══ AVAILABLE DATA ══

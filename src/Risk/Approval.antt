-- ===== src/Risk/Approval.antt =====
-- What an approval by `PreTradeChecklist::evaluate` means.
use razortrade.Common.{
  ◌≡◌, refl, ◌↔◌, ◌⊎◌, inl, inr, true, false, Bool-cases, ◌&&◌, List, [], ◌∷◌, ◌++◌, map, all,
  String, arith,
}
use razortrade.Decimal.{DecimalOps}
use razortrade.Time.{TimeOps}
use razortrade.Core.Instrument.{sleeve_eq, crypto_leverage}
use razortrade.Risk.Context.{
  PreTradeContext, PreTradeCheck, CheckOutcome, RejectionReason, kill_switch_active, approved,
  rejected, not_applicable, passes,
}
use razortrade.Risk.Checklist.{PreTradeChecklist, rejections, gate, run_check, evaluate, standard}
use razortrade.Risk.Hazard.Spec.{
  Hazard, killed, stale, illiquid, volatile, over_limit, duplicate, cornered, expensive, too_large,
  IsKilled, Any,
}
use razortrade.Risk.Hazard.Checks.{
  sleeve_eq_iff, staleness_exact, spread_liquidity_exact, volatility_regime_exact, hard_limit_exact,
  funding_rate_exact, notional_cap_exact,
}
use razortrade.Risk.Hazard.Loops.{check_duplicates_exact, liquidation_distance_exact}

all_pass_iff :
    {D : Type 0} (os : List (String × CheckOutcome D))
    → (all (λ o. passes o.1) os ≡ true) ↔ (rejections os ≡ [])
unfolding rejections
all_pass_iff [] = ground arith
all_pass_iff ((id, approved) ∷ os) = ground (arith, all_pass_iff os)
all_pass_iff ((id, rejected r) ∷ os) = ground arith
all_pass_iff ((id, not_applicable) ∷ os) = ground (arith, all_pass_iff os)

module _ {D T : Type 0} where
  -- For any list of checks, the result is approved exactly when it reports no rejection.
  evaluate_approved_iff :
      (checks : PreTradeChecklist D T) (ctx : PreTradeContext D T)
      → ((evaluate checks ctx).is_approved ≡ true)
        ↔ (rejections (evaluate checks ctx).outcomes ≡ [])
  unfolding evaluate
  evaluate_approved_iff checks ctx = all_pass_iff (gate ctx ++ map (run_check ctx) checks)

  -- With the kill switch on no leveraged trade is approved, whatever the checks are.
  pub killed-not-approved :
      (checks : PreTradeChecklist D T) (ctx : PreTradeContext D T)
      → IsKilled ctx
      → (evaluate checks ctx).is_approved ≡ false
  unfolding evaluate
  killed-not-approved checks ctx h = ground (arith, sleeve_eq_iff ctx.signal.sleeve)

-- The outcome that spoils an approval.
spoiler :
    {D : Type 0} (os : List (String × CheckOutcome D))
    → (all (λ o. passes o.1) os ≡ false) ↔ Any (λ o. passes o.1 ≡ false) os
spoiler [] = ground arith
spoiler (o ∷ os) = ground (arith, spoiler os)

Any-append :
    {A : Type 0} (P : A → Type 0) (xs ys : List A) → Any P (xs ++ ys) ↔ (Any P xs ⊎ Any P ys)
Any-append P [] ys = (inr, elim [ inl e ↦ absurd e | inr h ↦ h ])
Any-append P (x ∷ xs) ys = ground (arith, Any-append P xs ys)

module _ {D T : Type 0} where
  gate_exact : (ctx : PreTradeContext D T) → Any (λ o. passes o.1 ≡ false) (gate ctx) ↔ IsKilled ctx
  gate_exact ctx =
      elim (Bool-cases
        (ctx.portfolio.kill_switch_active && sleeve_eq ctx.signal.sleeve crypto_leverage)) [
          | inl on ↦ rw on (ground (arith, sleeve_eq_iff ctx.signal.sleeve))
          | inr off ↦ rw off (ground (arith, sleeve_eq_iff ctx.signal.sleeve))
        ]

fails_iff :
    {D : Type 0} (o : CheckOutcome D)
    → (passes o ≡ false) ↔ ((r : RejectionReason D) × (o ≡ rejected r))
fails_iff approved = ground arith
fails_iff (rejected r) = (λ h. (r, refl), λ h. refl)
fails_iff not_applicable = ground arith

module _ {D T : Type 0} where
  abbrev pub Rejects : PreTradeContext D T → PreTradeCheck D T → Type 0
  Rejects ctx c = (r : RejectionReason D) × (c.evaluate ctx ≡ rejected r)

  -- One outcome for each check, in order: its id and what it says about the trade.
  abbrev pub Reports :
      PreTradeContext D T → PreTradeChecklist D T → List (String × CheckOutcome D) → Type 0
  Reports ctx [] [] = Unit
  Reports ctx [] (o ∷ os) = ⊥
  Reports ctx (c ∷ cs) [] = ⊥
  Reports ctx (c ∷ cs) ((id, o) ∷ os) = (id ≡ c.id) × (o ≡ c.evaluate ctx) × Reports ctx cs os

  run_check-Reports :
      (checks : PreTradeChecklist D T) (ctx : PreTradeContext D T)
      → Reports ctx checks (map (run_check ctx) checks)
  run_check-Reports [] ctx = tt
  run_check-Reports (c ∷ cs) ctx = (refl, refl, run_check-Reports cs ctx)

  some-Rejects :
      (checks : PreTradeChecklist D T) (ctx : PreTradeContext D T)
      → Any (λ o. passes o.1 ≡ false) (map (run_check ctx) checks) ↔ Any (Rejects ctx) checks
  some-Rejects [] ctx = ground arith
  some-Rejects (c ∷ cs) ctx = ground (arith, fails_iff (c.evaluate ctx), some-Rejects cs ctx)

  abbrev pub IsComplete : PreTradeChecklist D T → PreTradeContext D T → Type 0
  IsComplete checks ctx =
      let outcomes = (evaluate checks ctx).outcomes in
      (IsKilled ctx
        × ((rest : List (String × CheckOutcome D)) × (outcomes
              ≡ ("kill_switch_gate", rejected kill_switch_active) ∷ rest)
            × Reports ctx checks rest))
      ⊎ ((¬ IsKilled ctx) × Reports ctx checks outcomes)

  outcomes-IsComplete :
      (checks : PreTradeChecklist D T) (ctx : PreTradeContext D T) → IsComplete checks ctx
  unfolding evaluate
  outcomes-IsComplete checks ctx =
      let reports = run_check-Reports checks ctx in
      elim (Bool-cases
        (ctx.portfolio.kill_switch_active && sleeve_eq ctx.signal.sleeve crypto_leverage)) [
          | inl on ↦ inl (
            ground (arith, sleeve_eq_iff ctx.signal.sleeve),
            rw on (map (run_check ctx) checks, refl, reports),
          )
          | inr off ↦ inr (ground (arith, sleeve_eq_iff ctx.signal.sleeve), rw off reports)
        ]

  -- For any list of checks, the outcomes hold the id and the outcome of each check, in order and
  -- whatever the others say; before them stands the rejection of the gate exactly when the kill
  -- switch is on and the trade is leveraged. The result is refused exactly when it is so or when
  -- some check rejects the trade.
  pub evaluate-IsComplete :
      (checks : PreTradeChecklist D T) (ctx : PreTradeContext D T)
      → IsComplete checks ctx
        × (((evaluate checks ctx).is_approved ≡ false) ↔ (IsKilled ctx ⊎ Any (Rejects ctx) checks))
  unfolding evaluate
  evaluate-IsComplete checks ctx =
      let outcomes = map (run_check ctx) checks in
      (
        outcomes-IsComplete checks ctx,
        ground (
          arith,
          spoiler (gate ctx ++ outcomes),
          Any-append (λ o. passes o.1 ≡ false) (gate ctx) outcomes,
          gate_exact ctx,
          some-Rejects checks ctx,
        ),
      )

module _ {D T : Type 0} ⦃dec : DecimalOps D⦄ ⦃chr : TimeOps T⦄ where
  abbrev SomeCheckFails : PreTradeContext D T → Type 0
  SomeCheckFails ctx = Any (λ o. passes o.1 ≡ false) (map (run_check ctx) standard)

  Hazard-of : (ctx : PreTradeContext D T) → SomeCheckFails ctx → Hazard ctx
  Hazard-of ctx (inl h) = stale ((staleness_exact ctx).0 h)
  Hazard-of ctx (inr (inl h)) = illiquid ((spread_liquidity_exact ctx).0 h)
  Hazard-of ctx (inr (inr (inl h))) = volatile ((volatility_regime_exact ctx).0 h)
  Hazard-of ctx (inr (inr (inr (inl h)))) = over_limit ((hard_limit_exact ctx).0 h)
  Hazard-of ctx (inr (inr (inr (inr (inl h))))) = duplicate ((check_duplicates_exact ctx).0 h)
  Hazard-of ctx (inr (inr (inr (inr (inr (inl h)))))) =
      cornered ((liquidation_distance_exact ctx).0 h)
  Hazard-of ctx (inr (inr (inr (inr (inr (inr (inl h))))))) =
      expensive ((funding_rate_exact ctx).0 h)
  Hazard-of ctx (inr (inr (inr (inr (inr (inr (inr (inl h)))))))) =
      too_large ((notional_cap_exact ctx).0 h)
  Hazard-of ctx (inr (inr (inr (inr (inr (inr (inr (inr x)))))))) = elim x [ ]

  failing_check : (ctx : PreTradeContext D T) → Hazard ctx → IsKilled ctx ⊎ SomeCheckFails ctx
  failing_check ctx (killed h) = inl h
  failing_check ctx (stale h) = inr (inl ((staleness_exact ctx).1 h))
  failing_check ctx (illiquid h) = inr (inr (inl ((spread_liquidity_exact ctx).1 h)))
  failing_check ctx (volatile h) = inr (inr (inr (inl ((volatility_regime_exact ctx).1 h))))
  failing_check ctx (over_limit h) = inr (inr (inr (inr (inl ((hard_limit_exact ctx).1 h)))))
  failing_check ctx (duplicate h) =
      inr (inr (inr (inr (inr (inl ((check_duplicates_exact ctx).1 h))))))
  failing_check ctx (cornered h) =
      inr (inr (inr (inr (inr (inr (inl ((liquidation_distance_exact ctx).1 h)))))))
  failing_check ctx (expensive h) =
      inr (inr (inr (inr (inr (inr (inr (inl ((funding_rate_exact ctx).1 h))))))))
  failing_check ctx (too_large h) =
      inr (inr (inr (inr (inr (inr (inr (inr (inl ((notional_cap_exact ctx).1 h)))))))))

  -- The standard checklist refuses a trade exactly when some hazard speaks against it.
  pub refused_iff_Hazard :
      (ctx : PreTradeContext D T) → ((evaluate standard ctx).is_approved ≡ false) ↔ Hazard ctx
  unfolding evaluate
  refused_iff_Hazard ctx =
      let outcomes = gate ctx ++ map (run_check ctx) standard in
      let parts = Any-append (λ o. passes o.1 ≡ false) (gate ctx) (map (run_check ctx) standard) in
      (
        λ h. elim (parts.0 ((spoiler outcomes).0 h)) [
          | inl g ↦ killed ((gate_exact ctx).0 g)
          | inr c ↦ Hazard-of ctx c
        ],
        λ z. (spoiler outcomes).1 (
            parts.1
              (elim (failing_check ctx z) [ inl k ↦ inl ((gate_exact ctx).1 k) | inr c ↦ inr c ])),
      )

═══

BRIEF
Take the stretch of lines above from the one containing "-- With the" through the one containing "Any-append P []" and repeat it exactly, adding no other line.

ANSWER TO THE EXERCISE
  -- With the kill switch on no leveraged trade is approved, whatever the checks are.
  pub killed-not-approved :
      (checks : PreTradeChecklist D T) (ctx : PreTradeContext D T)
      → IsKilled ctx
      → (evaluate checks ctx).is_approved ≡ false
  unfolding evaluate
  killed-not-approved checks ctx h = ground (arith, sleeve_eq_iff ctx.signal.sleeve)

-- The outcome that spoils an approval.
spoiler :
    {D : Type 0} (os : List (String × CheckOutcome D))
    → (all (λ o. passes o.1) os ≡ false) ↔ Any (λ o. passes o.1 ≡ false) os
spoiler [] = ground arith
spoiler (o ∷ os) = ground (arith, spoiler os)

Any-append :
    {A : Type 0} (P : A → Type 0) (xs ys : List A) → Any P (xs ++ ys) ↔ (Any P xs ⊎ Any P ys)
Any-append P [] ys = (inr, elim [ inl e ↦ absurd e | inr h ↦ h ])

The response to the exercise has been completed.